# New Customer!



## dbergh (Jun 3, 2010)

Wife and I had a meeting with the Corporate Purchasing Director of a 12 store chain of farm stores yesterday and we agreed on a commitment to supply our local store with Alfalfa and Grass /Alfalfa hay going forward. Depending on how things go with some of their other suppliers we may get quite a bit more additional volume in the future assuming both sides are comfortable with the situation. Quite exciting for us since our original intent when we started this project 6 years ago with 7 acres was only to feed a few cows! Never dreamed it would morph into this but it has been an incredible ride so far and keeps getting better!
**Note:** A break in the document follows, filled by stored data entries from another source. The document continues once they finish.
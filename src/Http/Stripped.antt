-- ===== src/Http/Stripped.antt =====
-- What `strip_hop_by_hop` (common/http_util.cpp) takes from a message, and what it leaves.
use studio_bondage_club.Prelude.{
  ◌≡◌, refl, sym, ap, ◌∙◌, Bool, true, false, ◌||◌, List, [], ◌∷◌, ◌++◌, Str, codes, arith, any,
  all, any-append, reject, all-reject, map, split, is_empty, str_eq, str_eq_iff, if◌then◌else◌,
}
use mathlib.Core.List.{append_assoc, append-nil}
use studio_bondage_club.Http
use studio_bondage_club.Http.{
  HeaderMap, canonical_header_key, get, values, add, add_all, iequals, header_contains_token,
  is_hop_by_hop, connection_tokens, is_stripped, strip_hop_by_hop, trim,
}
use studio_bondage_club.Http.Laws.{iequals-canonical, is_hop_by_hop-canonical}

-- The keys of a message are in canonical form, as `add` puts them there.
abbrev pub has_canonical_keys : HeaderMap → Bool
has_canonical_keys h = all (λ e. str_eq (canonical_header_key e.0) e.0) h

-- A value of `Connection` names the key.
abbrev pub is_listed : Str → HeaderMap → Bool
is_listed key h = any (λ v. header_contains_token v key) (values (codes "Connection") h)

iequals_sym : (s t : Str) → iequals s t ≡ iequals t s
unfolding iequals
iequals_sym [] [] = refl
iequals_sym [] (d ∷ t) = refl
iequals_sym (c ∷ s) [] = refl
iequals_sym (c ∷ s) (d ∷ t) = ground (arith, iequals_sym s t)

add_all-append : (h es : HeaderMap) → has_canonical_keys es ≡ true → add_all h es ≡ h ++ es
unfolding add_all add
add_all-append h [] c = sym (append-nil h)
add_all-append h (e ∷ es) c =
    add_all-append (add e.0 e.1 h) es (ground (arith, c))
    ∙ append_assoc h ((canonical_header_key e.0, e.1) ∷ []) es
    ∙ ap (λ k. h ++ (k, e.1) ∷ es)
        ((str_eq_iff (canonical_header_key e.0) e.0).0 (ground (arith, c)))

iequals-empty : (s t : Str) → is_empty s ≡ true → is_empty t ≡ false → iequals s t ≡ false
unfolding iequals
iequals-empty [] [] h n = ground (arith, n)
iequals-empty [] (d ∷ t) h n = refl
iequals-empty (c ∷ s) t h n = ground (arith, h)

any-nonempty_tokens :
    (key : Str) (parts : List Str)
    → is_empty key ≡ false
    → any (λ t. iequals t key) (reject is_empty (map trim parts))
      ≡ any (λ part. iequals (trim part) key) parts
any-nonempty_tokens key [] n = refl
any-nonempty_tokens key (p ∷ ps) n =
    ground (arith, n, any-nonempty_tokens key ps n, iequals-empty (trim p) key)

any-connection_tokens :
    (key : Str) (vs : List Str)
    → is_empty key ≡ false
    → any (λ t. iequals t key) (connection_tokens vs) ≡ any (λ v. header_contains_token v key) vs
unfolding connection_tokens header_contains_token
any-connection_tokens key [] n = refl
any-connection_tokens key (v ∷ vs) n =
    any-append (λ t. iequals t key) (reject is_empty (map trim (split b',' v)))
      (connection_tokens vs)
    ∙ rw (any-nonempty_tokens key (split b',' v) n, any-connection_tokens key vs n) refl

-- The first value of a key, where the test of an entry with that key gives `b`.
first_value-reject :
    (p : Str × Str → Bool) (ck : Str) (b : Bool) (h : HeaderMap)
    → ((e : Str × Str) → str_eq e.0 ck ≡ true → p e ≡ b)
    → Http.first_value ck (reject p h) ≡ (if b then [] else Http.first_value ck h)
unfolding Http.first_value
first_value-reject p ck b [] same = ground arith
first_value-reject p ck b (e ∷ es) same = ground (arith, same e, first_value-reject p ck b es same)

any-iequals_key :
    (key : Str) (ts : List Str)
    → any (λ t. iequals t (canonical_header_key key)) ts ≡ any (λ t. iequals t key) ts
any-iequals_key key [] = refl
any-iequals_key key (t ∷ ts) =
    rw
      (
        iequals_sym t (canonical_header_key key),
        iequals-canonical key t,
        iequals_sym key t,
        any-iequals_key key ts,
      )
      refl

-- What is stripped, for an entry under the canonical form of a key.
is_stripped-key :
    (key : Str) (h : HeaderMap) (e : Str × Str)
    → is_empty key ≡ false
    → str_eq e.0 (canonical_header_key key) ≡ true
    → is_stripped h e ≡ (is_hop_by_hop key || is_listed key h)
unfolding is_stripped
is_stripped-key key h e n same =
    ap (λ k. is_stripped h (k, e.1)) ((str_eq_iff e.0 (canonical_header_key key)).0 same)
    ∙ rw
        (
          is_hop_by_hop-canonical key,
          any-iequals_key key (connection_tokens (values (codes "Connection") h)),
          any-connection_tokens key (values (codes "Connection") h) n,
        )
        refl

-- A header that is looked up, under any spelling of its key, in a message whose keys are in canonical
-- form: after the message is stripped it is absent if it is a hop-by-hop header or a value of
-- `Connection` names it, and otherwise reads as before.
pub get-strip_hop_by_hop :
    (key : Str) (h : HeaderMap)
    → is_empty key ≡ false
    → has_canonical_keys h ≡ true
    → get key (strip_hop_by_hop h)
      ≡ (if is_hop_by_hop key || is_listed key h then [] else get key h)
unfolding get strip_hop_by_hop
get-strip_hop_by_hop key h n c =
    ap (Http.first_value (canonical_header_key key)) (
      add_all-append [] (reject (is_stripped h) h)
        (all-reject (is_stripped h) (λ e. str_eq (canonical_header_key e.0) e.0) h c))
    ∙ first_value-reject (is_stripped h) (canonical_header_key key)
        (is_hop_by_hop key || is_listed key h) h (λ e. is_stripped-key key h e n)
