-- ===== src/Hub.antt =====
-- The connection hub (server/gameserver/socketio/server.cpp): the session registry, the index of the
-- rooms, the limits per address and the routing of a request. A map is a function: a missing entry of
-- `rooms_` and of `ip_connections_` reads as the empty list, which the code never keeps as an entry.
-- Times are milliseconds. `connect_handler_`, the coroutines and the locks are not modelled.
pub mod Accounting
use studio_bondage_club.Prelude.{
  ℕ, ◌+◌, ◌-◌, Bool, true, false, not, ◌&&◌, ◌||◌, Option, none, some, List, [], ◌∷◌, ◌++◌, Str,
  codes, leb, ◌==◌, length, get_elem?, any, reject, find_if, if◌then◌else◌, str_eq, is_empty, split,
  cut, trim_by, reverse,
}
use studio_bondage_club.Http.{HeaderMap, get, iequals, header_contains_token}
use studio_bondage_club.Chat.Names.{trim}

pub record Hub : Type 0 where
  pub by_sid : List Str
  pub rooms : Str → List Str
  pub ip_connections : Str → List ℕ
  pub ip_by_sid : List (Str × Str)

-- `ip_connection_limit` and `ip_connection_rate_per_sec`.
pub record Limits : Type 0 where
  pub connections : ℕ
  pub rate : ℕ

abbrev pub update {ℓ} : {A : Type ℓ} → Str → A → (Str → A) → Str → A
update k v f j = if str_eq j k then v else f j

-- The value of a query parameter, not decoded.
param_in : Str → List Str → Str
param_in key [] = []
param_in key (part ∷ parts) =
    let rest = param_in key parts in
    elim (cut b'=' part) [ none ↦ rest | some e ↦ if str_eq e.0 key then e.1 else rest ]

unfoldable pub query_param : Str → Str → Str
unfolding param_in
query_param query key = param_in key (split b'&' query)

last_of : List Str → Str
last_of [] = []
last_of (p ∷ []) = p
last_of (p ∷ q ∷ ps) = last_of (q ∷ ps)

or_peer : Str → Str → Str
or_peer remote [] = if is_empty remote then codes "unknown" else remote
or_peer remote (c ∷ s) = c ∷ s

-- The last hop of `X-Forwarded-For`, or the address of the peer.
unfoldable pub client_address : HeaderMap → Str → Str
unfolding last_of or_peer
client_address headers remote =
    or_peer remote (trim (last_of (split b',' (get (codes "X-Forwarded-For") headers))))

pub data Route : Type 0 where
  ws_upgrade poll post : Str → Route
  handshake session_unknown method_not_allowed : Route

-- A session that is registered, or the answer 400.
unfoldable pub with_session : Hub → (Str → Route) → Str → Route
with_session hub k sid = if any (str_eq sid) hub.by_sid then k sid else session_unknown

unfoldable pub handle_request : Hub → Str → HeaderMap → Str → Route
handle_request hub method headers raw_query =
    let sid = query_param raw_query (codes "sid") in
    if iequals (get (codes "Upgrade") headers) (codes "websocket")
      && header_contains_token (get (codes "Connection") headers) (codes "upgrade")
    then with_session hub ws_upgrade sid
    else if str_eq method (codes "GET")
    then if is_empty sid then handshake else with_session hub poll sid
    else if str_eq method (codes "POST")
    then with_session hub post sid
    else method_not_allowed

-- The registration of `handle_handshake`.
unfoldable pub register : Str → Hub → Hub
register sid hub = record hub { by_sid = sid ∷ reject (str_eq sid) hub.by_sid }

-- `none` where the code would read beyond the end, which it does if the rate is 0; the configuration
-- refuses that rate.
over_rate : ℕ → ℕ → List ℕ → Option Bool
over_rate rate now v =
    if leb rate (length v)
    then elim (get_elem? v (length v - rate)) [ none ↦ none | some t ↦ some (leb now (t + 1000)) ]
    else some false

admit : Limits → Str → ℕ → Hub → Option Bool → Option (Bool × Hub)
admit lim address now hub none = none
admit lim address now hub (some over) =
    if leb lim.connections (length (hub.ip_connections address)) || over
    then some (false, hub)
    else some (
      true,
      record hub {
        ip_connections = update address (hub.ip_connections address ++ now ∷ []) hub.ip_connections;
      },
    )

unfoldable pub register_ip_connection : Limits → Str → ℕ → Hub → Option (Bool × Hub)
unfolding admit over_rate
register_ip_connection lim address now hub =
    admit lim address now hub (over_rate lim.rate now (hub.ip_connections address))

-- The map from accepted sessions to addresses: `m[sid] = address`, `find` and `erase`.
unfoldable pub assign_sid : Str → Str → List (Str × Str) → List (Str × Str)
assign_sid sid address [] = (sid, address) ∷ []
assign_sid sid address (e ∷ es) =
    let rest = assign_sid sid address es in if str_eq e.0 sid then (sid, address) ∷ es else e ∷ rest

unfoldable pub address_of : Str → List (Str × Str) → Option Str
address_of sid [] = none
address_of sid (e ∷ es) = let rest = address_of sid es in if str_eq e.0 sid then some e.1 else rest

unfoldable pub erase_sid : Str → List (Str × Str) → List (Str × Str)
erase_sid sid [] = []
erase_sid sid (e ∷ es) = let rest = erase_sid sid es in if str_eq e.0 sid then es else e ∷ rest

remember : Str → Str → Option (Bool × Hub) → Option (Bool × Hub)
remember sid address none = none
remember sid address (some (false, hub)) = some (false, hub)
remember sid address (some (true, hub)) =
    some (true, record hub { ip_by_sid = assign_sid sid address hub.ip_by_sid })

-- `on_connection`: whether the connection is accepted, and the hub after it. An accepted socket goes to
-- the connect handler; a refused one is sent ForceDisconnect and disconnected.
unfoldable pub on_connection : Limits → Str → Str → ℕ → Hub → Option (Bool × Hub)
unfolding remember
on_connection lim sid address now hub =
    remember sid address (register_ip_connection lim address now hub)

without_first : List ℕ → List ℕ
without_first [] = []
without_first (t ∷ ts) = ts

unfoldable pub release_ip_connection : Str → Hub → Hub
unfolding without_first
release_ip_connection address hub = record hub {
  ip_connections = update address (without_first (hub.ip_connections address)) hub.ip_connections;
}

release_of : Option Str → Hub → Hub
release_of none hub = hub
release_of (some address) hub = if is_empty address then hub else release_ip_connection address hub

unfoldable pub remove : Str → Hub → Hub
unfolding release_of
remove sid hub = release_of (address_of sid hub.ip_by_sid) (record hub {
  by_sid = reject (str_eq sid) hub.by_sid;
  ip_by_sid = erase_sid sid hub.ip_by_sid;
})

unfoldable pub join_room : Str → Str → Hub → Hub
join_room room sid hub = record hub {
  rooms =
      update room
        (if any (str_eq sid) (hub.rooms room) then hub.rooms room else hub.rooms room ++ sid ∷ [])
        hub.rooms;
}

unfoldable pub leave_room : Str → Str → Hub → Hub
leave_room room sid hub = record hub {
  rooms = update room (reject (str_eq sid) (hub.rooms room)) hub.rooms;
}

-- The connections that `emit_to_room` and `emit_to_all` send an event to.
unfoldable pub emit_to_room : Str → Str → Hub → List Str
emit_to_room room except_sid hub =
    reject (λ sid. str_eq sid except_sid || not (any (str_eq sid) hub.by_sid)) (hub.rooms room)

unfoldable pub emit_to_all : Hub → List Str
emit_to_all hub = hub.by_sid

unfoldable pub online_count : Hub → ℕ
online_count hub = length hub.by_sid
Should give us the additional volume and cash flow to start putting in some covered storage and add some newer and better equipment that I have wanted and needed for the past couple of years but couldn't quite justify.


----------



## swmnhay (Jun 13, 2008)

*Congrats!!Always nice to have a big steady customer.*


----------



## askinner (Nov 15, 2010)

Congratulations! There's no better feeling, I had an enquiry from a dairy a few weeks back, to supply dairy quality alfalfa rounds. I sent the first truck load last week, and they called me a couple of days back to say it was the best hay they've ever fed, and their cows loved it. They have now committed to take whatever I can produce.


----------



## Tim/South (Dec 12, 2011)

It is a good feeling when buyers see your product as well enough to sell themselves and know it will represent them well.

Congratulations.


----------



## JD3430 (Jan 1, 2012)

Good for you. I can tell by your helpful personality why they would give that to you. You earned it !


----------



## Teslan (Aug 20, 2011)

In this commitment do you have to agree on the quality of hay? What happens if you can't supply enough quality hay? (say your hay gets to much prewashing rain and turns black) Do you have to go out and buy hay then to meet your commitment? I ask because I've often wondered about these kind of agreements. I wouldn't want to be stuck having to go out and buy hay if I couldn't deliver enough or the quality of hay required. Well done on getting what might be a great customer.


----------



## dbergh (Jun 3, 2010)

Teslan, the only real stipulation is no moldy hay. Even if that happens they discount those bales and market to cow folks and I will have to adjust my billing to them accordingly. They recognize that weather plays a role in what we do and will work with us to a certain extent on prewashing although I suspect if we cant supply high quality consistently they may start to look elsewhere. If I am having trouble short term with quality then most other producers are dealing with the same weather issues so finding nice hay at that point is going to be difficult to do locally.
Fortunately we are blessed with a climate that allows us to put up nice high fairly consistently and we also try to limit our weather exposure by limiting the amount of hay on the ground at any one time. First cutting can be a bit of a challenge with regard to weather but the rest of the season is usually pretty cooperative.


----------



## Teslan (Aug 20, 2011)

dbergh said:


> Teslan, the only real stipulation is no moldy hay. Even if that happens they discount those bales and market to cow folks and I will have to adjust my billing to them accordingly. They recognize that weather plays a role in what we do and will work with us to a certain extent on prewashing although I suspect if we cant supply high quality consistently they may start to look elsewhere. If I am having trouble short term with quality then most other producers are dealing with the same weather issues so finding nice hay at that point is going to be difficult to do locally.
> Fortunately we are blessed with a climate that allows us to put up nice high fairly consistently and we also try to limit our weather exposure by limiting the amount of hay on the ground at any one time. First cutting can be a bit of a challenge with regard to weather but the rest of the season is usually pretty cooperative.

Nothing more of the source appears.